Dispatch September 9, 2019

Congress’s Critical Impeachment Inquiry


As they return from the August recess, Congress is rightly moving forward with an impeachment inquiry into President Donald Trump’s collusion with Russia and his efforts to obstruct the investigation. Special Counsel Robert Mueller’s investigation resulted in the most damning document ever released about a sitting president. His report, which specifically “does not exonerate” Trump, is nothing short of an impeachment referral. With Department of Justice precedent barring Mueller from indicting a sitting president, it falls to Congress to hold Trump accountable. Doing so will solve the urgent national security crisis created by a president who is compromised by Russia and continues to try to advance Putin’s agenda from the White House. 

The Mueller report contains hundreds of pages of evidence that Trump and his campaign colluded with the Russian government to win the 2016 election.

  • Trump and his campaign had more than 270 contacts with Russia-linked operatives during the campaign.
    • A campaign aide learned before almost anyone else that Russian operatives had stolen and planned to release thousands of emails from the Clinton campaign.
    • Trump’s personal lawyer spent much of the campaign trying to develop Trump Tower Moscow, a project that entailed direct Kremlin contact.
    • Trump’s campaign chairman, Paul Manafort, and his deputy Rick Gates shared polling data and campaign strategy with a suspected Russian agent, on the understanding that he’d pass the information to Putin’s inner circle.
    • Donald Trump Jr. enthusiastically accepted an offer of dirt on Hillary Clinton from the Russian government and brought Jared Kushner and the campaign chairman to a meeting where he hoped to get this valuable material from the Russians.
    • After WikiLeaks began releasing emails stolen by the Russian government, the Trump campaign allegedly set up a backchannel to WikiLeaks to get advance information about what Russia planned to release next.
  • Rather than inform law enforcement, the intelligence community, or the American public, the Trump campaign did everything they could to conceal the Russian activity and outreach, all while sowing doubt about whether Russia was interfering at all.

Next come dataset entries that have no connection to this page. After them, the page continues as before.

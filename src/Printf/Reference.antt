-- ===== src/Printf/Reference.antt =====
-- What `printf` of src/printf.c is meant to print, for formats whose conversions are %d, %u, %x,
-- %X, %c and %s with the flags `-` and `0` and a width.
pub mod Numerals
pub mod Directives
pub mod Agrees
use qcom_ipq_aux_loader.Base.{
  ℕ, zero, suc, ◌+◌, ◌-◌, ◌*◌, ◌/◌, ◌%◌, ◌^◌, ◌≡◌, ◌≢◌, Bool, true, false, Option, none, some, List,
  [], ◌∷◌, ◌++◌, ◌&&◌, not, length, replicate, All, u8, leb, ltb, ◌==◌, if◌then◌else◌,
}
use qcom_ipq_aux_loader.Printf.Number.Padding.{field}
use qcom_ipq_aux_loader.Printf.Format.{
  Arg, word, text, lp_max_buf, is_digit, is_terminator, with_returns,
}

pub data Kind : Type 0 where
  decimal unsigned lower_hex upper_hex a_character a_string : Kind

-- What stands before the letter; `digits` are those of the width.
pub record Spec : Type 0 where
  pub left : Bool
  pub zeros : Bool
  pub digits : List ℕ

-- A format: texts, with a conversion between each two.
pub data Template : Type 0 where
  ends : List ℕ → Template
  shows : List ℕ → Spec → Kind → Template → Template

abbrev pub letter : Kind → ℕ
letter decimal = b'd'
letter unsigned = b'u'
letter lower_hex = b'x'
letter upper_hex = b'X'
letter a_character = b'c'
letter a_string = b's'

-- The flags and the width, before the rest of the format.
abbrev pub flags : Spec → List ℕ → List ℕ
flags sp rest =
    let behind = if sp.zeros then b'0' ∷ sp.digits ++ rest else sp.digits ++ rest in
    if sp.left then b'-' ∷ behind else behind

-- The format as the text that `printf` is given.
abbrev pub format : Template → List ℕ
format (ends s) = s
format (shows s sp k t) = s ++ b'%' ∷ flags sp (letter k ∷ format t)

-- The number that a text of digits shows, behind a number.
abbrev pub number_of : ℕ → List ℕ → ℕ
number_of n [] = n
number_of n (c ∷ s) = number_of (10 * n + (c - b'0')) s

-- A width has no zero in front, which would be the flag.
abbrev pub IsWidth : List ℕ → Type 0
IsWidth [] = Unit
IsWidth (c ∷ s) = ((c == b'0') ≡ false) × All (λ d. is_digit d ≡ true) (c ∷ s)

abbrev pub IsText : List ℕ → Type 0
IsText = All (λ c. (c == b'%') ≡ false)

abbrev pub IsTemplate : Template → Type 0
IsTemplate (ends s) = IsText s
IsTemplate (shows s sp k t) = IsText s × (IsWidth sp.digits × IsTemplate t)

-- The character of a digit, in hexadecimal with letters of one case.
unfoldable pub digit_char : Bool → ℕ → ℕ
digit_char upcase d = if ltb d 10 then b'0' + d else (if upcase then b'A' else b'a') + (d - 10)

-- The numeral of a number, lowest digit first, up to a number of digits.
abbrev pub numeral : Bool → ℕ → ℕ → ℕ → List ℕ
numeral upcase base zero n = []
numeral upcase base (suc digits) n =
    let rest = numeral upcase base digits (n / base) in
    digit_char upcase (n % base) ∷ (if n / base == 0 then [] else rest)

-- A text in a field of blanks.
abbrev pub in_blanks : Bool → ℕ → List ℕ → List ℕ
in_blanks left width s =
    let blanks = replicate (width - length s) b' ' in if left then s ++ blanks else blanks ++ s

abbrev pub number_field : Spec → Bool → List ℕ → List ℕ
number_field sp negative digits =
    field digits negative (number_of 0 sp.digits) sp.left (if sp.zeros then b'0' else b' ')

-- What an argument looks like; words of two's complement for %d. Arguments of other types are
-- not shown.
abbrev pub show_arg : Spec → Kind → Arg → Option (List ℕ)
show_arg sp decimal (word n) = some (
    if leb (2 ^ 31) n
    then number_field sp true (numeral false 10 10 (2 ^ 32 - n))
    else number_field sp false (numeral false 10 10 n))
show_arg sp unsigned (word n) = some (number_field sp false (numeral false 10 10 n))
show_arg sp lower_hex (word n) = some (number_field sp false (numeral false 16 8 n))
show_arg sp upper_hex (word n) = some (number_field sp false (numeral true 16 8 n))
show_arg sp a_character (word c) = some (in_blanks sp.left (number_of 0 sp.digits) (u8 c ∷ []))
show_arg sp a_character (text s) = none
show_arg sp a_string (text s) = some (in_blanks sp.left (number_of 0 sp.digits) s)
show_arg sp a_string (word n) = none
show_arg sp decimal (text s) = none
show_arg sp unsigned (text s) = none
show_arg sp lower_hex (text s) = none
show_arg sp upper_hex (text s) = none

-- A piece that the buffer holds, and that is not a lone NUL.
abbrev pub fits : List ℕ → Bool
fits s = leb (length s) lp_max_buf && not (is_terminator s)

abbrev pub joined : List ℕ → Option (List ℕ) → Option (List ℕ) → Option (List ℕ)
joined s none rest = none
joined s (some piece) none = none
joined s (some piece) (some rest) =
    if fits s && fits piece then some (s ++ (piece ++ rest)) else none

-- What is to be printed, unless an argument is missing or of another type, or a piece does not fit.
abbrev pub render : Template → List Arg → Option (List ℕ)
render (ends s) args = if fits s then some s else none
render (shows s sp k t) [] = none
render (shows s sp k t) (a ∷ args) = joined s (show_arg sp k a) (render t args)
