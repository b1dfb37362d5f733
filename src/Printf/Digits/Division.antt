-- ===== src/Printf/Digits/Division.antt =====
-- The round of `my_dec2str` in src/printf.c.
use qcom_ipq_aux_loader.Base.{ℕ, ◌+◌, ◌/◌, ◌%◌, ◌^◌, ◌≤◌, ◌<◌, ◌≡◌, arith}
use qcom_ipq_aux_loader.Printf.Digits.{tenth, split10}

-- The estimate is the quotient or one below it.
tenth_bounds : (a : ℕ) → a < 2 ^ 32 → (tenth a ≤ a / 10) × (a / 10 ≤ tenth a + 1)
unfolding tenth
tenth_bounds a h = (omega arith, omega arith)

-- A round of the decimal loop yields the remainder and the quotient by ten, for every 32-bit
-- number.
pub split10_lem : (a : ℕ) → a < 2 ^ 32 → split10 a ≡ record { r = a % 10; n = a / 10 }
split10_lem a h = let b = tenth_bounds a h in unfold split10 in ground arith
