-- ===== src/Printf/Digits/Numeral.antt =====
-- Numerals, and the loops of src/printf.c that write them.
use qcom_ipq_aux_loader.Base.{
  ℕ, zero, suc, ◌+◌, ◌-◌, ◌*◌, ◌/◌, ◌%◌, ◌^◌, ◌≤◌, ◌<◌, ◌≡◌, refl, ap, lt→ltb, Option, Bool, true,
  false, some, List, [], ◌∷◌, arith, length, All, leb, if◌then◌else◌,
}
use native.Mathlib.Nat.{
  pow-suc, pow-zero, mod-lt, div-add-mod, div-lt_iff_lt-mul, div-le_self, le_trans,
}
use native.Mathlib.Decide.{dec_lt}
use qcom_ipq_aux_loader.Base.Bits.{bit_and_low}
use qcom_ipq_aux_loader.Printf.Digits.{cons, wr2p, dec_loop, my_dec2str, hex_loop, my_hex2str}
use qcom_ipq_aux_loader.Printf.Digits.Division.{split10_lem}

abbrev pub digit_value : ℕ → ℕ
digit_value c = if leb c b'9' then c - b'0' else if leb c b'F' then c - b'A' + 10 else c - b'a' + 10

abbrev pub value : ℕ → List ℕ → ℕ
value base [] = 0
value base (c ∷ s) = digit_value c + base * value base s

-- The highest digit.
abbrev pub top : List ℕ → ℕ
top [] = 0
top (c ∷ []) = digit_value c
top (c ∷ d ∷ s) = top (d ∷ s)

abbrev pub Digits : ℕ → List ℕ → Type 0
Digits base = All (λ c. (b'0' ≤ c) × (digit_value c < base))

-- `s` shows `a` in `base`, in at most `k` digits, the highest of which is not 0.
pub record Shows (base k a : ℕ) (s : List ℕ) : Type 0 where
  pub value_eq : value base s ≡ a
  pub digits : Digits base s
  pub leads : 0 < a → 0 < top s
  pub short : length s ≤ k

wr2p_lem :
    (upcase : Bool) (d : ℕ) → d < 16 → (digit_value (wr2p upcase d) ≡ d) × (b'0' ≤ wr2p upcase d)
unfolding wr2p
wr2p_lem true d h = ground arith
wr2p_lem false d h = ground arith

Shows-nil : (base k : ℕ) → Shows base k 0 []
Shows-nil base k = record { value_eq = refl; digits = tt; leads = omega arith; short = omega arith }

-- A digit below a numeral of the quotient.
Shows-cons :
    (base k a c : ℕ) (s : List ℕ)
    → base ≤ 16
    → (digit_value c ≡ a % base) × (b'0' ≤ c)
    → 0 < base
    → 0 < a
    → (0 < length s → 0 < a / base)
    → Shows base k (a / base) s
    → Shows base (suc k) a (c ∷ s)
Shows-cons base k a c [] small (e, printed) pos a_pos more h =
    let eq : value base (c ∷ []) ≡ a =
      omega (arith, ap (λ (t : ℕ). base * t) h.value_eq, div-add-mod a base) in
    let lt : digit_value c < base = omega (arith, mod-lt a pos) in
    record {
      value_eq = eq;
      digits = ((printed, lt), tt);
      leads = λ _. omega (arith, eq);
      short = omega arith;
    }
Shows-cons base k a c (d ∷ s) small (e, printed) pos a_pos more h =
    let eq : value base (c ∷ d ∷ s) ≡ a =
      omega (arith, ap (λ (t : ℕ). base * t) h.value_eq, div-add-mod a base) in
    let lt : digit_value c < base = omega (arith, mod-lt a pos) in
    record {
      value_eq = eq;
      digits = ((printed, lt), h.digits);
      leads = λ _. h.leads (more (omega arith));
      short = omega (arith, h.short);
    }

pub quotient-lt : (base k a : ℕ) → 2 ≤ base → a < base ^ suc k → a / base < base ^ k
quotient-lt base k a two h =
    (div-lt_iff_lt-mul {x = a} (omega arith)).1 (omega (arith, pow-suc base k))

pub quotient-lt32 : (base a : ℕ) → a < 2 ^ 32 → a / base < 2 ^ 32
quotient-lt32 base a h = omega (arith, div-le_self a base)

remainder-lt16 : (base a : ℕ) → 2 ≤ base → base ≤ 16 → a % base < 16
remainder-lt16 base a two small = omega (arith, mod-lt a {m = base} (omega arith))

-- A loop that writes a digit and goes on at the quotient; 0 ends it.
module _ (base : ℕ) (loop : ℕ → ℕ → Option (List ℕ)) (char : ℕ → ℕ) (small : base ≤ 16)
    (two : 2 ≤ base) (char_lem : (d : ℕ) → d < 16 → (digit_value (char d) ≡ d) × (b'0' ≤ char d))
    (ends : (rounds : ℕ) → loop (suc rounds) 0 ≡ some [])
    (goes_on : (rounds a : ℕ)
      → 0 < a
      → a < 2 ^ 32
      → loop (suc rounds) a ≡ cons (char (a % base)) (loop rounds (a / base))) where
  loop-Shows :
      (k a : ℕ)
      → a < base ^ k
      → a < 2 ^ 32
      → (s : List ℕ) × (loop (suc k) a ≡ some s) × Shows base k a s × (0 < length s → 0 < a)
  loop-Shows k zero h w = ([], ends k, Shows-nil base k, omega arith)
  loop-Shows zero (suc a) h w = absurd (omega (arith, pow-zero base))
  loop-Shows (suc k) (suc a) h w =
      let (s, e, shows, more) =
        loop-Shows k (suc a / base) (quotient-lt base k (suc a) two h)
          (quotient-lt32 base (suc a) w) in
      let digit = char_lem (suc a % base) (remainder-lt16 base (suc a) two small) in
      (
        char (suc a % base) ∷ s,
        rw (goes_on (suc k) (suc a) (omega arith) w) (rw e refl),
        Shows-cons base k (suc a) _ s small digit (le_trans (omega arith) two) (omega arith) more
            shows,
        λ _. omega arith,
      )

pub dec_loop-suc :
    (upcase : Bool) (rounds a : ℕ)
    → 0 < a
    → a < 2 ^ 32
    → dec_loop upcase (suc rounds) a ≡ cons (wr2p upcase (a % 10)) (dec_loop upcase rounds (a / 10))
unfolding dec_loop
dec_loop-suc upcase rounds a pos w = rw (split10_lem a w, lt→ltb 0 a pos)

pub hex_loop-suc :
    (upcase : Bool) (rounds a : ℕ)
    → 0 < a
    → a < 2 ^ 32
    → hex_loop upcase (suc rounds) a ≡ cons (wr2p upcase (a % 16)) (hex_loop upcase rounds (a / 16))
unfolding hex_loop
hex_loop-suc upcase rounds a pos w = rw (bit_and_low 4 a, lt→ltb 0 a pos)

single-Shows :
    (base k a : ℕ) (upcase : Bool)
    → a < base
    → base ≤ 16
    → Shows base (suc k) a (wr2p upcase a ∷ [])
single-Shows base k a upcase h small =
    let (e, printed) = wr2p_lem upcase a (omega arith) in
    record {
      value_eq = omega (arith, e);
      digits = ((printed, omega (arith, e)), tt);
      leads = λ pos. omega (arith, e);
      short = omega arith;
    }

-- For every 32-bit number `my_dec2str` returns, and writes the decimal numeral of the number,
-- lowest digit first: at most ten characters, each a decimal digit, with the number as their
-- value and, unless the number is 0, no zero in front.
pub dec2str-Shows :
    (a : ℕ) (upcase : Bool)
    → a < 2 ^ 32
    → (s : List ℕ) × (my_dec2str a upcase ≡ some s) × Shows 10 10 a s
dec2str-Shows a upcase h = elim (dec_lt a 10) [
  | yes small ↦ (
    wr2p upcase a ∷ [],
    unfold my_dec2str in ground arith,
    single-Shows 10 9 a upcase small (omega arith),
  )
  | no large ↦ elim (dec_lt 10 a) [
    | yes larger ↦
        let (s, e, shows, _) =
          loop-Shows 10 (dec_loop upcase) (wr2p upcase) (omega arith) (omega arith)
            (wr2p_lem upcase) (λ rounds. unfold dec_loop in refl) (dec_loop-suc upcase) 10 a
            (omega arith) h in
        (s, unfold my_dec2str in ground arith, shows)
    | no not_larger ↦
        let ten : a ≡ 10 = omega arith in
        let zero_digit = wr2p_lem upcase 0 (omega arith) in
        let one_digit = wr2p_lem upcase 1 (omega arith) in
        (wr2p upcase 0 ∷ wr2p upcase 1 ∷ [], unfold my_dec2str in ground arith, omega arith)
  ]
]

-- For every 32-bit number `my_hex2str` returns, and writes the hexadecimal numeral of the number,
-- lowest digit first: at most eight characters, each a hexadecimal digit, with the number as
-- their value and, unless the number is 0, no zero in front.
pub hex2str-Shows :
    (a : ℕ) (upcase : Bool)
    → a < 2 ^ 32
    → (s : List ℕ) × (my_hex2str a upcase ≡ some s) × Shows 16 8 a s
hex2str-Shows a upcase h = elim (dec_lt a 16) [
  | yes small ↦ (
    wr2p upcase a ∷ [],
    unfold my_hex2str in ground arith,
    single-Shows 16 7 a upcase small (omega arith),
  )
  | no large ↦
      let (s, e, shows, _) =
        loop-Shows 16 (hex_loop upcase) (wr2p upcase) (omega arith) (omega arith) (wr2p_lem upcase)
          (λ rounds. unfold hex_loop in refl) (hex_loop-suc upcase) 8 a (omega arith) h in
      (s, unfold my_hex2str in ground arith, shows)
]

The report also shows that Trump obstructed justice to cover up his and his campaign’s wrongdoing during the campaign.

  • The Mueller report outlines 11 instances of Trump trying to impede an investigation he knew could hurt him, including at least four that fit all of the criteria to prosecute obstruction of justice.
  • In his congressional testimony, Special Counsel Robert Mueller confirmed that, after refusing to sit for an interview, Trump submitted written answers that were “not only inadequate and incomplete” but also “contradicted other evidence … gathered during the investigation” and “showed he wasn’t always being truthful.”
  • If anybody else did what Trump has done, they would be in jail—like his campaign chairman, deputy campaign chairman, personal lawyer, and national security adviser, who have pleaded guilty for their roles in the coverup.
  • More than 1,000 former federal prosecutors have signed an open letter saying that, if Trump weren’t the President of the United States and therefore protected by DOJ precedent against indicting a sitting president, he would have been indicted for obstruction of justice.

Trump’s fealty to Putin poses an unprecedented and ongoing threat to national security.

  • The Russian government knows more about Trump’s wrongdoing during the 2016 election and beyond than anybody in the U.S., even Mueller. That leaves him deeply compromised, and almost certainly contributes to his willingness to bend over backward to please Putin.
  • Trump’s behavior at last month’s G-7 summit in France showed just how far Trump will go to advance Putin’s interests:
    • Trump reportedly derailed events with other world leaders by calling for Russia to be reinstated while repeatedly minimizing the event that led to Putin’s 2015 ostracization: Russia’s illegal invasion of Ukraine.
    • Meanwhile, Politico reported that Trump is intentionally slow-walking aid to Ukraine, questioning whether it’s “in the best interests” of the U.S. to keep helping the country fight back against Russia’s aggression.
  • Even Trump’s own government appears to consider him a national security threat: According to CNN, after Trump spilled classified information to Russian officials in the Oval Office in 2017, the CIA—under then-CIA Director, now-Secretary of State Mike Pompeo—extracted a top source from Russia out of fear that Trump would blow their cover. (The CIA and the White House have denied the report.)
  • Trump and his accomplices—chief among them Senate Majority Leader “Moscow Mitch” McConnell—are doing everything they can to prevent the government from taking action to secure America’s elections against future foreign attacks.
  • This is all despite repeated warnings from Mueller and intelligence community leadersincluding some that Trump himself appointed—that Russia will attack the 2020 election too.

The impeachment inquiry into President Trump’s conduct is critical, as Congress is the only body constitutionally able to hold Trump accountable and protect the country.